Water Transport Mechanisms

Cohesion-Tension Theory

  • Describes the pull mechanism of water ascent in plants.

    • Water molecules are cohesive and adhere to xylem walls, allowing for efficient upward transport.

Root Pressure

  • Water movement driven by osmotic pressure due to solutes being actively transported into xylem.

Capillary Action

  • Water can move short distances due to adhesion and capillary forces, although limited in reaching tall plants like redwoods.

Summary of Root to Leaf Transport

  • Transport from roots to leaves involves:

    • Pushing action from root pressure.

    • Pulling action due to transpiration and cohesion-tension.

Mechanisms for Ion Absorption

  • Active and selective processes of nutrient uptake in roots.

  • Strategies for ion movement via diffusion and mass flow, requiring energy.

Pathways in Water Movement

  • Illustrates apoplast and symplast pathways and their roles in transporting water from the soil to the vascular system.

Role of the Casparian Strip

  • Functions as a barrier that regulates water entry into the vascular system, preventing harmful substances from entering.
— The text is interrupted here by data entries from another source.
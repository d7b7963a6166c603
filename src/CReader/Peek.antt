-- ===== src/CReader/Peek.antt =====
-- `reader_peek_for_empty_line` of lib/c/reader.c, with two bytes in the buffer and with one.
use c_cpp_sandbox.Common.{
  ℕ, ◌+◌, ◌-◌, ◌≤◌, ◌<◌, ◌≡◌, ◌≢◌, sym, ap, ap₂, ◌∙◌, ◌&&◌, some, List, ◌∷◌, ◌++◌, arith, ◌==◌,
  if◌then◌else◌, length, take, drop, get_elem?, take-append-drop, drop-drop,
}
use c_cpp_sandbox.CReader.{
  Source, read, Reader, cursor_check, peek_more, peek_return, reader_peek_for_empty_line,
}
use c_cpp_sandbox.CReader.Bytes.{moved, moved-IsValid, moved-pending, Took}
use c_cpp_sandbox.CReader.Line.{get_elem-drop}
use c_cpp_sandbox.CReader.Pending.{flatten, buffered, pending, IsValid, length-buffered, read_whole}

-- How many bytes the empty line has that begins with `a` and `b`; 0 if none begins there.
abbrev pub empty_line : ℕ → ℕ → ℕ
empty_line a b = if a == b'\n' then 1 else if (a == b'\r') && (b == b'\n') then 2 else 0

peek_runs :
    (r : Reader) (a b : ℕ)
    → r.cursor + 1 < r.bytes_in_buffer
    → get_elem? r.buf r.cursor ≡ some a
    → get_elem? r.buf (r.cursor + 1) ≡ some b
    → reader_peek_for_empty_line r
      ≡ some (
        some (if empty_line a b == 0 then 0 else 1),
        record r { cursor = r.cursor + empty_line a b },
      )
unfolding reader_peek_for_empty_line cursor_check peek_more peek_return
peek_runs r a b h ea eb = ground (arith, ea, eb)

-- For a well-formed reader with two bytes in the buffer: `reader_peek_for_empty_line` returns 1
-- if they begin with '\n' or are "\r\n", and takes just that; otherwise it returns 0 and takes
-- nothing.
pub peek-Took :
    (r : Reader) (a b : ℕ) (ys : List ℕ)
    → IsValid r
    → buffered r ≡ a ∷ b ∷ ys
    → (r' : Reader) × (reader_peek_for_empty_line r
        ≡ some (some (if empty_line a b == 0 then 0 else 1), r'))
      × Took (empty_line a b) r r'
peek-Took r a b ys v e =
    let size : r.cursor + 1 < r.bytes_in_buffer =
      omega (arith, length-buffered v, ap (λ l. length l) e) in
    let at_most : empty_line a b ≤ r.bytes_in_buffer - r.cursor = ground arith in
    let stale = drop (r.bytes_in_buffer - r.cursor) (drop r.cursor r.buf) in
    let here : drop r.cursor r.buf ≡ a ∷ b ∷ (ys ++ stale) =
      sym (take-append-drop (r.bytes_in_buffer - r.cursor) (drop r.cursor r.buf))
      ∙ ap (λ l. l ++ stale) e in
    let next : drop (r.cursor + 1) r.buf ≡ b ∷ (ys ++ stale) =
      sym (drop-drop 1 r.cursor r.buf) ∙ ap (drop 1) here in
    (
      moved r (empty_line a b),
      peek_runs r a b size (get_elem-drop r.buf r.cursor a _ here)
          (get_elem-drop r.buf (r.cursor + 1) b _ next),
      record {
        valid = moved-IsValid r (empty_line a b) v at_most;
        rest = (moved-pending r (empty_line a b) v at_most).1;
      },
    )

peek_runs_last :
    (r : Reader) (a : ℕ) (chunk : List ℕ) (fd : Source)
    → get_elem? r.buf 0 ≡ some a
    → r.cursor ≡ 0
    → r.bytes_in_buffer ≡ 1
    → a ≢ b'\n'
    → a ≢ b'\r'
    → read (r.buf_size - 1) r.fd ≡ (some chunk, fd)
    → 0 < length chunk
    → length chunk ≤ r.buf_size - 1
    → reader_peek_for_empty_line r
      ≡ some (some 0, record r { fd = fd; buf = a ∷ chunk ++ drop (1 + length chunk) r.buf })
unfolding reader_peek_for_empty_line cursor_check peek_more peek_return
peek_runs_last r a chunk fd eb ec en nl cr e some_bytes fits =
    ground (arith, eb, ec, en, nl, cr, ap (λ p. p.0) e, ap (λ p. p.1) e)

-- When the buffer has one byte, at its start, that is neither '\n' nor '\r', and a chunk of bytes
-- that fits behind it arrives in the call, then the result is 0 and the chunk is lost: it was
-- pending before and is not pending afterwards.
pub peek_loses :
    (r : Reader) (a : ℕ) (old chunk : List ℕ) (chunks : List (List ℕ))
    → r.buf ≡ a ∷ old
    → r.cursor ≡ 0
    → r.bytes_in_buffer ≡ 1
    → a ≢ b'\n'
    → a ≢ b'\r'
    → r.fd.chunks ≡ chunk ∷ chunks
    → 0 < length chunk
    → length chunk ≤ r.buf_size - 1
    → (r' : Reader) × (reader_peek_for_empty_line r ≡ some (some 0, r'))
      × (pending r' ≡ a ∷ flatten chunks)
      × (pending r ≡ a ∷ chunk ++ flatten chunks)
peek_loses r a old chunk chunks eb ec en nl cr arrives some_bytes fits =
    let fd : Source = record r.fd { chunks = chunks } in
    let buf = a ∷ chunk ++ drop (1 + length chunk) r.buf in
    (
      record r { fd = fd; buf = buf },
      peek_runs_last r a chunk fd (ap (λ l. get_elem? l 0) eb) ec en nl cr
          (read_whole (r.buf_size - 1) r.fd chunk chunks arrives fits) some_bytes fits,
      ap₂ (λ n c. take (n - c) (drop c buf) ++ flatten chunks) en ec,
      ap₂ (λ n c. take (n - c) (drop c r.buf) ++ flatten r.fd.chunks) en ec
          ∙ ap₂ (λ l k. take 1 l ++ flatten k) eb arrives,
    )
Ascent of Water in the Xylem

  • Water movement occurs via mass flow influenced by:

    • Cohesion-tension, capillarity, and root pressure from active solute secretions.

Importance of Sugar Transport (Translocation)

  • Essential for plant nutrition, moving sugars from production sites (sources) to usage sites (sinks).

  • The pressure flow hypothesis explains how sugars move through the phloem by pressure gradients created during loading and unloading.

Conclusion

  • Understanding these mechanisms provides insight into plant physiology and adaptations for survival in various environments.